= Problem =
From the line containing "phys_at-Reads : (i" down to the line containing "paddr-Reads = elim" in the records below, reproduce every line exactly, ends included, and omit all others.

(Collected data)
──────────
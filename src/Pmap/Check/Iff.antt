-- ===== src/Pmap/Check/Iff.antt =====
-- boot_mem_check decides whether the kernel's part of the address space is mapped.
use jos_vmx.Base.{
  ℕ, ◌+◌, ◌-◌, ◌*◌, ◌%◌, ◌≤◌, ◌<◌, ◌≡◌, ◌≢◌, ◌↔◌, refl, ◌∙◌, Option, none, some, Bool, true, false,
  not, ltb, ◌==◌, arith, Bool-cases, inl, inr,
}
use mathlib.Core.Path.{sym, subst, ap}
use mathlib.Core.Option.{some-injective}
use jos_vmx.Mmu.{word, pgsize, kernbase, vpt, kstksize, pdx}
use jos_vmx.Pmap.{Pmap, M, pure, ◌>>=◌, ◌>>◌}
use jos_vmx.Pmap.Boot.{paddr}
use jos_vmx.Pmap.Table.{check_va2pa}
use jos_vmx.Pmap.Check.{assert_from, assert_from_lem, phys_at, stack_at, pde_at, boot_mem_check}
use jos_vmx.Pmap.Check.Reads.{Reads, Reads-bind, check_va2pa-Reads, assert_from_sound}

-- Two steps that succeed.
both_succeed :
    (c d : M (Unit {0})) (m m' : Pmap)
    → (c >> d) m ≡ some (tt, m')
    → (m₁ : Pmap) × (c m ≡ some (tt, m₁)) × (d m₁ ≡ some (tt, m'))
both_succeed c d m m' = split (c m)
  where
    split :
        (r : Option (Unit {0} × Pmap))
        → (elim r [ none ↦ none | some (a, m₁) ↦ d m₁ ]) ≡ some (tt, m')
        → (m₁ : Pmap) × (r ≡ some (tt, m₁)) × (d m₁ ≡ some (tt, m'))
    split none e = absurd (ground (arith, e))
    split (some (_, m₁)) e = (m₁, refl, e)

-- A test that compares what is read with `x`.
compared :
    (c : M ℕ) (f : ℕ → M Bool) (x : ℕ) (m : Pmap)
    → Reads (c m) m
    → ((pa : ℕ) → f pa m ≡ some (pa == x, m))
    → ((c >>= f) m ≡ some (true, m)) ↔ (c m ≡ some (x, m))
unfolding Reads
compared c f x m h k = (finds (c m) h, λ e. rw (e, ◌>>=◌) (k x ∙ itself))
  where
    itself : pure (x == x) m ≡ some (true, m)
    itself = ground arith

    finds :
        (r : Option (ℕ × Pmap))
        → Reads r m
        → (elim r [ none ↦ none | some (pa, m₁) ↦ f pa m₁ ]) ≡ some (true, m)
        → r ≡ some (x, m)
    finds none h e = absurd (ground (arith, e))
    finds (some (pa, m₁)) h e =
        let same : f pa m ≡ some (true, m) = subst (λ s. f pa s ≡ some (true, m)) h e in
        let there : pa ≡ x = ground (arith, sym (k pa) ∙ same) in rw (h, there) refl

module _ (pgdir bootstack : ℕ) (m : Pmap) where
  phys_at_iff :
      (j : ℕ)
      → j < 65536
      → (phys_at pgdir bootstack (j * 4096) m ≡ some (true, m))
        ↔ (check_va2pa pgdir (kernbase + j * 4096) m ≡ some (j * 4096, m))
  unfolding phys_at
  phys_at_iff j h =
      let va : (kernbase + j * 4096) % word ≡ kernbase + j * 4096 = omega arith in
      rw va (
        compared (check_va2pa pgdir (kernbase + j * 4096)) (λ pa. pure (pa == j * 4096)) (j * 4096)
          m (check_va2pa-Reads pgdir (kernbase + j * 4096) m) (λ pa. refl))

  kernel_paddr : kernbase ≤ bootstack → paddr bootstack m ≡ some (bootstack - kernbase, m)
  unfolding paddr
  kernel_paddr low = let kernel : ltb bootstack kernbase ≡ false = ground arith in rw kernel refl

  stack_at_iff :
      (j : ℕ)
      → kernbase ≤ bootstack
      → bootstack + kstksize ≤ word + kernbase
      → j < 8
      → (stack_at pgdir bootstack (j * 4096) m ≡ some (true, m)) ↔ (
          check_va2pa pgdir (vpt - kstksize + j * 4096) m
          ≡ some (bootstack - kernbase + j * 4096, m))
  unfolding stack_at
  stack_at_iff j low high h =
      compared (check_va2pa pgdir (vpt - kstksize + j * 4096))
        (λ pa. paddr bootstack >>= λ stack. pure (pa == (stack + j * 4096) % word))
        (bootstack - kernbase + j * 4096) m (check_va2pa-Reads pgdir (vpt - kstksize + j * 4096) m)
        (λ pa.
          let pa' : (bootstack - kernbase + j * 4096) % word ≡ bootstack - kernbase + j * 4096 =
            omega arith in
          rw (kernel_paddr low, ◌>>=◌) (rw pa' refl))

  pde_at_iff :
      (d : ℕ)
      → (pde_at pgdir bootstack d m ≡ some (true, m))
        ↔ ((d < 0x3be → m.phys pgdir d ≡ 0) × (0x3be ≤ d → m.phys pgdir d ≢ 0))
  unfolding pde_at
  pde_at_iff d =
      let v : pdx vpt ≡ 0x3bf = unfold pdx in refl in
      let s : pdx (vpt - 1) ≡ 0x3be = unfold pdx in refl in
      let k : pdx kernbase ≡ 0x3c0 = unfold pdx in refl in
      (
        λ e. (λ h. ground (arith, v, s, k, e), λ h z. ground (arith, v, s, k, e, z)),
        λ p. ground (arith, v, s, k, p.0, p.1),
      )

  -- The kernel's part of the address space: the physical memory from KERNBASE on, the kernel's stack
  -- below KSTACKTOP, an entry of the directory for each from the stack's on, and none below it.
  pub record IsKernelSpace : Type 0 where
    pub memory :
        (j : ℕ) → j < 65536 → check_va2pa pgdir (kernbase + j * 4096) m ≡ some (j * 4096, m)
    pub stack :
        (j : ℕ)
        → j < 8
        → check_va2pa pgdir (vpt - kstksize + j * 4096) m
          ≡ some (bootstack - kernbase + j * 4096, m)
    pub directory :
        (d : ℕ) → d < 1024 → (d < 0x3be → m.phys pgdir d ≡ 0) × (0x3be ≤ d → m.phys pgdir d ≢ 0)

  abbrev memory_loop : M (Unit {0})
  memory_loop =
      assert_from 65537 (λ i. not ((kernbase + i) % word == 0)) pgsize (phys_at pgdir bootstack) 0

  abbrev stack_loop : M (Unit {0})
  stack_loop = assert_from 9 (λ i. ltb i kstksize) pgsize (stack_at pgdir bootstack) 0

  abbrev pde_loop : M (Unit {0})
  pde_loop = assert_from 1025 (λ i. ltb i 1024) 1 (pde_at pgdir bootstack) 0

  module _
      (passes : (j : ℕ) → j < 65536 → phys_at pgdir bootstack (j * 4096) m ≡ some (true, m)) where
    memory_loop_ends : memory_loop m ≡ some (tt, m)
    memory_loop_ends =
        assert_from_lem (λ i. not ((kernbase + i) % word == 0)) pgsize (phys_at pgdir bootstack) m
          (λ j. j * 4096) 65536 0 (λ j h. omega arith) (λ j h. ground arith) refl passes

  module _ (passes : (j : ℕ) → j < 8 → stack_at pgdir bootstack (j * 4096) m ≡ some (true, m)) where
    stack_loop_ends : stack_loop m ≡ some (tt, m)
    stack_loop_ends =
        assert_from_lem (λ i. ltb i kstksize) pgsize (stack_at pgdir bootstack) m (λ j. j * 4096) 8
          0 (λ j h. omega arith) (λ j h. ground arith) refl passes

  module _ (passes : (d : ℕ) → d < 1024 → pde_at pgdir bootstack d m ≡ some (true, m)) where
    pde_loop_ends : pde_loop m ≡ some (tt, m)
    pde_loop_ends =
        assert_from_lem (λ i. ltb i 1024) 1 (pde_at pgdir bootstack) m (λ j. j) 1024 0
          (λ j h. omega arith) (λ j h. ground arith) refl passes

  phys_at-Reads : (i : ℕ) → Reads (phys_at pgdir bootstack i m) m
  unfolding phys_at Reads
  phys_at-Reads i =
      Reads-bind (check_va2pa pgdir ((kernbase + i) % word)) (λ pa. pure (pa == i)) m
        (check_va2pa-Reads pgdir ((kernbase + i) % word) m) (λ pa. refl)

  paddr-Reads : Reads (paddr bootstack m) m
  unfolding paddr Reads
  paddr-Reads = elim (Bool-cases (ltb bootstack kernbase)) [ inl t ↦ rw t _ | inr t ↦ rw t refl ]

  stack_at-Reads : (i : ℕ) → Reads (stack_at pgdir bootstack i m) m
  unfolding stack_at Reads
  stack_at-Reads i =
      Reads-bind (check_va2pa pgdir (vpt - kstksize + i))
        (λ pa. paddr bootstack >>= λ stack. pure (pa == (stack + i) % word)) m
        (check_va2pa-Reads pgdir (vpt - kstksize + i) m)
        (λ pa.
          Reads-bind (paddr bootstack) (λ stack. pure (pa == (stack + i) % word)) m paddr-Reads
            (λ stack. refl))

  pde_at-Reads : (i : ℕ) → Reads (pde_at pgdir bootstack i m) m
  unfolding pde_at Reads
  pde_at-Reads i = ground arith

  boot_mem_check_ends :
      memory_loop m ≡ some (tt, m)
      → stack_loop m ≡ some (tt, m)
      → pde_loop m ≡ some (tt, m)
      → boot_mem_check pgdir bootstack m ≡ some (tt, m)
  unfolding boot_mem_check
  boot_mem_check_ends a b c = rw (a, ◌>>=◌) (rw (b, ◌>>=◌) c)

  -- A run that succeeds has passed every test, in each of the loops.
  boot_mem_check_sound :
      boot_mem_check pgdir bootstack m ≡ some (tt, m)
      → ((j : ℕ) → j < 65536 → phys_at pgdir bootstack (j * 4096) m ≡ some (true, m))
        × ((j : ℕ) → j < 8 → stack_at pgdir bootstack (j * 4096) m ≡ some (true, m))
        × ((d : ℕ) → d < 1024 → pde_at pgdir bootstack d m ≡ some (true, m))
  unfolding boot_mem_check
  boot_mem_check_sound e =
      let (m₁, e₁, rest) = both_succeed memory_loop (stack_loop >> pde_loop) m m e in
      let first = λ (j : ℕ) (h : j < 65536).
        assert_from_sound (λ i. not ((kernbase + i) % word == 0)) pgsize (phys_at pgdir bootstack) m
          phys_at-Reads (λ j. j * 4096) 65536 0 m₁ (λ j h. omega arith) (λ j h. ground arith) e₁ j
          (omega arith) (omega (arith, h)) in
      let same₁ = some-injective _ _ (sym (memory_loop_ends first) ∙ e₁) in
      let (m₂, e₂, third) =
        both_succeed stack_loop pde_loop m m (
          subst (λ s. (stack_loop >> pde_loop) s ≡ some (tt, m)) (sym (ap (λ p. p.1) same₁))
            rest) in
      let second = λ (j : ℕ) (h : j < 8).
        assert_from_sound (λ i. ltb i kstksize) pgsize (stack_at pgdir bootstack) m stack_at-Reads
          (λ j. j * 4096) 8 0 m₂ (λ j h. omega arith) (λ j h. ground arith) e₂ j (omega arith)
          (omega (arith, h)) in
      let same₂ = some-injective _ _ (sym (stack_loop_ends second) ∙ e₂) in
      (
        first,
        second,
        λ d h.
            assert_from_sound (λ i. ltb i 1024) 1 (pde_at pgdir bootstack) m pde_at-Reads (λ j. j)
              1024 0 m (λ j h. omega arith) (λ j h. ground arith)
              (subst (λ s. pde_loop s ≡ some (tt, m)) (sym (ap (λ p. p.1) same₂)) third) d
              (omega arith) (omega (arith, h)),
      )

  -- For a kernel stack above KERNBASE whose end does not wrap around, boot_mem_check succeeds, and
  -- changes nothing, exactly when the page directory maps the kernel's part of the address space:
  -- all of the physical memory from KERNBASE on and the stack below KSTACKTOP are mapped, every
  -- entry of the directory from the stack's on, that for VPT included, is not 0, and every entry
  -- below the stack's is 0.
  pub boot_mem_check_iff :
      kernbase ≤ bootstack
      → bootstack + kstksize ≤ word + kernbase
      → (boot_mem_check pgdir bootstack m ≡ some (tt, m)) ↔ IsKernelSpace
  boot_mem_check_iff low high = (
    λ e.
        let (memory, stack, pdes) = boot_mem_check_sound e in
        record {
          memory = λ j h. (phys_at_iff j h).0 (memory j h);
          stack = λ j h. (stack_at_iff j low high h).0 (stack j h);
          directory = λ d h. (pde_at_iff d).0 (pdes d h);
        },
    λ space.
        boot_mem_check_ends (memory_loop_ends (λ j h. (phys_at_iff j h).1 (space.memory j h)))
          (stack_loop_ends (λ j h. (stack_at_iff j low high h).1 (space.stack j h)))
          (pde_loop_ends (λ d h. (pde_at_iff d).1 (space.directory d h))),
  )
──────────
= Solution below =
  phys_at-Reads : (i : ℕ) → Reads (phys_at pgdir bootstack i m) m
  unfolding phys_at Reads
  phys_at-Reads i =
      Reads-bind (check_va2pa pgdir ((kernbase + i) % word)) (λ pa. pure (pa == i)) m
        (check_va2pa-Reads pgdir ((kernbase + i) % word) m) (λ pa. refl)

  paddr-Reads : Reads (paddr bootstack m) m
  unfolding paddr Reads
  paddr-Reads = elim (Bool-cases (ltb bootstack kernbase)) [ inl t ↦ rw t _ | inr t ↦ rw t refl ]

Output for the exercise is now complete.